Reinforcement learning and human behavior Hanan Shteingart and Yonatan Loewenstein

Reinforcement learning and

human behavior

Hanan Shteingart and Yonatan Loewenstein

MTAT.03.292 Seminar in Computational Neuroscience

Zurab Bzhalava

Introduction

• Operant Learning

• Dominant computational approach to model operant learning is model-free RL

• Human behavior is far more complex

• Remaining Challenges

Reinforcement Learning

RL: A class of learning problems in which an agent interacts with an unfamiliar, dynamic and stochastic environment

Goal: Learn a policy to maximize some measure of long-term reward

Markov Decision Process

• A (finite) set of states S• A (finite) set of actions A• Transition Model: T(s, a, s’) = P(s’ | a ,s)• Reward Function: R(s)
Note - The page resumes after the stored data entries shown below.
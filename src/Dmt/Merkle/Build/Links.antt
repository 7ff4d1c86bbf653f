-- ===== src/Dmt/Merkle/Build/Links.antt =====
-- What the parent map holds for the nodes of a level.
use datura.Prelude.{
  ℕ, zero, suc, ◌+◌, ◌-◌, ◌≤◌, ◌<◌, ◌≡◌, ◌≢◌, refl, ◌∙◌, sym, ◌⊎◌, inl, inr, some, List, [], ◌∷◌,
  arith, length, All,
}
use datura.Prelude.Bytes.{Bytes}
use datura.Dmt.Merkle.Nodes.{
  MerkleNode, pair, single, address_of, hash_of, Parents, hash_pair, hash_single,
}
use datura.Dmt.Merkle.Build.Levels.{
  parent_at, Fresh, Distinct, Below, AtLeast, level, links, levels,
}

-- Membership, with the place kept.
abbrev pub In : MerkleNode → List MerkleNode → Type 0
In x [] = ⊥
In x (y ∷ ys) = (x ≡ y) ⊎ In x ys

pub In-All :
    (P : MerkleNode → Type 0) (x : MerkleNode) (ns : List MerkleNode) → In x ns → All P ns → P x
In-All P x [] i h = absurd i
In-All P x (y ∷ ys) (inl e) h = rw e h.0
In-All P x (y ∷ ys) (inr i) h = In-All P x ys i h.1

pub In-Below :
    (n : ℕ) (x : MerkleNode) (ns : List MerkleNode) → In x ns → Below n ns → address_of x < n
In-Below n x ns i h = In-All (λ y. address_of y < n) x ns i h

-- No node of the list has an empty hash.
abbrev pub Hashed : List MerkleNode → Type 0
Hashed ns = All (λ x. 1 ≤ length (hash_of x)) ns

module _ (sha256 : Bytes → Bytes) where
  links_keep :
      (a : ℕ) (ns : List MerkleNode) (m : Parents) (n : ℕ)
      → Fresh a ns
      → parent_at a (links sha256 ns m n) ≡ parent_at a m
  unfolding parent_at links
  links_keep a [] m n h = refl
  links_keep a (l ∷ []) m n h = ground (arith, h.0)
  links_keep a (l ∷ r ∷ ns) m n h =
      let p = pair n l r (hash_pair sha256 l r) in
      ground (
        arith,
        h.0,
        h.1.0,
        links_keep a ns ((address_of r, p) ∷ (address_of l, p) ∷ m) (suc n) h.1.1,
      )

  pub level-AtLeast : (ns : List MerkleNode) (n k : ℕ) → k ≤ n → AtLeast k (level sha256 ns n)
  unfolding level
  level-AtLeast [] n k h = tt
  level-AtLeast (l ∷ []) n k h = (h, tt)
  level-AtLeast (l ∷ r ∷ ns) n k h = (h, level-AtLeast ns (suc n) k (omega arith))

  Fresh-below : (a n : ℕ) (ns : List MerkleNode) → a < n → AtLeast n ns → Fresh a ns
  Fresh-below a n [] h s = tt
  Fresh-below a n (x ∷ xs) h s = (omega arith, Fresh-below a n xs h s.1)

  pub level-Fresh : (a n : ℕ) (ns : List MerkleNode) → a < n → Fresh a (level sha256 ns n)
  level-Fresh a n ns h = Fresh-below a n (level sha256 ns n) h (level-AtLeast ns n n (omega arith))

  pub level-Distinct : (ns : List MerkleNode) (n : ℕ) → Distinct (level sha256 ns n)
  unfolding level
  level-Distinct [] n = tt
  level-Distinct (l ∷ []) n = (tt, tt)
  level-Distinct (l ∷ r ∷ ns) n = (
    Fresh-below n (suc n) (level sha256 ns (suc n)) (omega arith)
        (level-AtLeast ns (suc n) (suc n) (omega arith)),
    level-Distinct ns (suc n),
  )

  pub level-Below :
      (ns : List MerkleNode) (n k : ℕ)
      → n + length (level sha256 ns n) ≤ k
      → Below k (level sha256 ns n)
  unfolding level
  level-Below [] n k h = tt
  level-Below (l ∷ []) n k h = (omega arith, tt)
  level-Below (l ∷ r ∷ ns) n k h = (omega arith, level-Below ns (suc n) k (omega arith))

  -- Levels above a node's own leave its entry in the map alone.
  pub levels_keep :
      (f a : ℕ) (ns : List MerkleNode) (m : Parents) (n : ℕ)
      → a < n
      → Fresh a ns
      → parent_at a (levels sha256 f ns m n).1 ≡ parent_at a m
  unfolding levels
  levels_keep zero a ns m n h s = refl
  levels_keep (suc f) a [] m n h s = refl
  levels_keep (suc f) a (x ∷ []) m n h s = refl
  levels_keep (suc f) a (l ∷ r ∷ ns) m n h s =
      let up = level sha256 (l ∷ r ∷ ns) n in
      levels_keep f a up (links sha256 (l ∷ r ∷ ns) m n) (n + length up) (omega arith)
        (level-Fresh a n (l ∷ r ∷ ns) h)
      ∙ links_keep a (l ∷ r ∷ ns) m n s

  -- Where a node stands under its parent, in a level of `len` nodes.
  pub data HasParent (m : Parents) (x : MerkleNode) (up : List MerkleNode) (len : ℕ) : Type 0 where
    on_left :
        (a : ℕ) (r p : MerkleNode)
        → p ≡ pair a x r (hash_pair sha256 x r)
        → 1 ≤ length (hash_of r)
        → parent_at (address_of x) m ≡ some p
        → In p up
        → HasParent m x up len
    on_right :
        (a : ℕ) (l p : MerkleNode)
        → p ≡ pair a l x (hash_pair sha256 l x)
        → 1 ≤ length (hash_of l)
        → address_of l ≢ address_of x
        → parent_at (address_of x) m ≡ some p
        → In p up
        → HasParent m x up len
    alone :
        (a : ℕ) (p : MerkleNode)
        → p ≡ single a x (hash_single sha256 x)
        → ((k : ℕ) → len ≢ k + k)
        → parent_at (address_of x) m ≡ some p
        → In p up
        → HasParent m x up len

  HasParent-tail :
      {m : Parents} {x p : MerkleNode} {up : List MerkleNode} {len : ℕ}
      → HasParent m x up len
      → HasParent m x (p ∷ up) (suc (suc len))
  HasParent-tail (on_left a r p e h q i) = on_left a r p e h q (inr i)
  HasParent-tail (on_right a l p e h d q i) = on_right a l p e h d q (inr i)
  HasParent-tail {len} (alone a p e o q i) = alone a p e (λ k h. o (k - 1) (omega arith)) q (inr i)

  -- A map that agrees with a level's links on the level's nodes holds the parent of each.
  pub has_parent :
      (x : MerkleNode) (ns : List MerkleNode) (m full : Parents) (n : ℕ)
      → Distinct ns
      → Hashed ns
      → In x ns
      → ((y : MerkleNode)
          → In y ns
          → parent_at (address_of y) full ≡ parent_at (address_of y) (links sha256 ns m n))
      → HasParent full x (level sha256 ns n) (length ns)
  unfolding links level
  has_parent x [] m full n d h i agree = absurd i
  has_parent x (l ∷ []) m full n d h (inl e) agree = rw e (
      alone n (single n l (hash_single sha256 l)) refl (λ k p. omega arith)
        (agree l (inl refl) ∙ unfold parent_at in ground arith) (inl refl))
  has_parent x (l ∷ []) m full n d h (inr i) agree = absurd i
  has_parent x (l ∷ r ∷ ns) m full n d h (inl e) agree =
      let p = pair n l r (hash_pair sha256 l r) in
      rw e (
        on_left n r p refl h.1.0
          (agree l (inl refl)
            ∙ links_keep (address_of l) ns ((address_of r, p) ∷ (address_of l, p) ∷ m) (suc n) d.0.1
            ∙ unfold parent_at in ground arith)
          (inl refl))
  has_parent x (l ∷ r ∷ ns) m full n d h (inr (inl e)) agree =
      let p = pair n l r (hash_pair sha256 l r) in
      rw e (
        on_right n l p refl h.0 (λ q. d.0.0 (sym q))
          (agree r (inr (inl refl))
            ∙ links_keep (address_of r) ns ((address_of r, p) ∷ (address_of l, p) ∷ m) (suc n) d.1.0
            ∙ unfold parent_at in ground arith)
          (inl refl))
  has_parent x (l ∷ r ∷ ns) m full n d h (inr (inr i)) agree =
      let p = pair n l r (hash_pair sha256 l r) in
      HasParent-tail (
        has_parent x ns ((address_of r, p) ∷ (address_of l, p) ∷ m) full (suc n) d.1.1 h.1.1 i
          (λ y j. agree y (inr (inr j))))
• ᵧ is a discount factor ᵧ [0; 1]∈

• Policy π

• Optimal policy π*

Markov Decision Process

Bellman equation:

Biological Algorithms

• Behavioral control

• Evaluate the world quickly

• Choose appropriate behavior based on those valuations

midbrain's dopamine neurons

• Central role in guiding our behavior and thoughts

• Valuation of our world– Value of money– Other human being

• Major role in decision-making • Reward-dependent learning• Malfunction in mental illness • Related to Parkinson's disease. • Schizophrenia

Reinforcement signals define an agent's goals

1. organism is in state X an receives reward information;

2. organism queries stored value of state X;

3. organism updates stored value of state X based on current reward information;

4. organism selects action based on stored policy

5. organism transitions to state Y and receives reward information.

The reward-prediction error hypothesis

Difference between the experienced and predicted “reward” of an event

•Neurons of the ventral tegmental area

•phasic activity changes encode a 'prediction error about summed future reward'

prediction-error signal encoded in dopamine neuron firing.

Value binding

Human reward responses

Model-based RL vs Model-free RL

• goal-directed vs habitual behaviors

• Implemented by two anatomically distinct systems (subject of debate)

• Some findings suggest:

– Medial striatum is more engaged during planning

– Lateral striatum is more engaged during choices in extensively trained tasks

Model-based RL vs Model-free RL

(b) Model-free RL

(c) Model-based RL

Human subjects in exhibited a mixture of both effects.

Challenges in relating human behavior to RL algorithms

• Humans tend to alternate rather than repeat an action after receiving a positively surprising payoff

• Tremendous heterogeneity in reports on human operant learning

• Probability matching or not

Heterogeneity in world model

Learning the world model

Reference List:

• Reinforcement learning and human behavior Hanan Shteingart and Yonatan Loewenstein

• The ubiquity of model-based reinforcement learning Bradley B Doll Dylan A Simon3 and Nathaniel D Daw

• Computational roles for dopamine in behavioral control P. Read Montague1,2, Steven E. Hyman3 & Jonathan D. Cohen4,5

Reinforcement learning and human behavior Hanan Shteingart and Yonatan Loewenstein

Documents

Transcript of Reinforcement learning and human behavior Hanan Shteingart and Yonatan Loewenstein

Yonatan is25

Neuroeconomics: Why Economics Needs Brains (Camerer, Loewenstein ...

Davide Hanan

Loewenstein Rehabilitation Hospitalloewenstein-rehab.clinic/wp-content/uploads/2017/06/English-brochure_low2.pdf · Loewenstein are being used in the largest and leading rehabilitation

Ariely, Loewenstein, Prelec (2003) - TU Berlin · • Last week; Ariely, Loewenstein, Prelec (2003). • Other examples: framing, nudging. • System 1 vs System 2 cognition (Kahnemann,

Loewenstein Occupational Therapy Cognitive Assessment to ...

Hanan Salam Presentation

Proposal UoG Hanan V2

Alvin Yonatan Tanoko Portfolio

David And Yonatan By Chaya Rubens.

HANAN QUARTERLY NARRATIVE REPORT - JSIhanan.jsi.com/Docs/Project/2007_q3_report.pdf · HANAN QUARTERLY NARRATIVE REPORT Reporting ... health service statistics from each of the Hanan

Fragments, the love story - Yonatan Levin, Gett

Calendario 2007 Al Hanan

Hanan AS Media

Cain Loewenstein Moore 2005

Loewenstein Corporations Spring 2012

Cardiac Tamponade Prepared By Prepared By Dr. Hanan Said Ali Dr. Hanan Said Ali.

GEORGE LOEWENSTEIN - Carnegie Mellon Universitygl20/GeorgeLoewenstein/... · George Loewenstein Page 1 GEORGE LOEWENSTEIN Curriculum Vitae October, 2007 Department of Social and Decision

HANAN JAWAD HASSAN12-2016

Introduction to Genetic Algorithms Yonatan Shichel.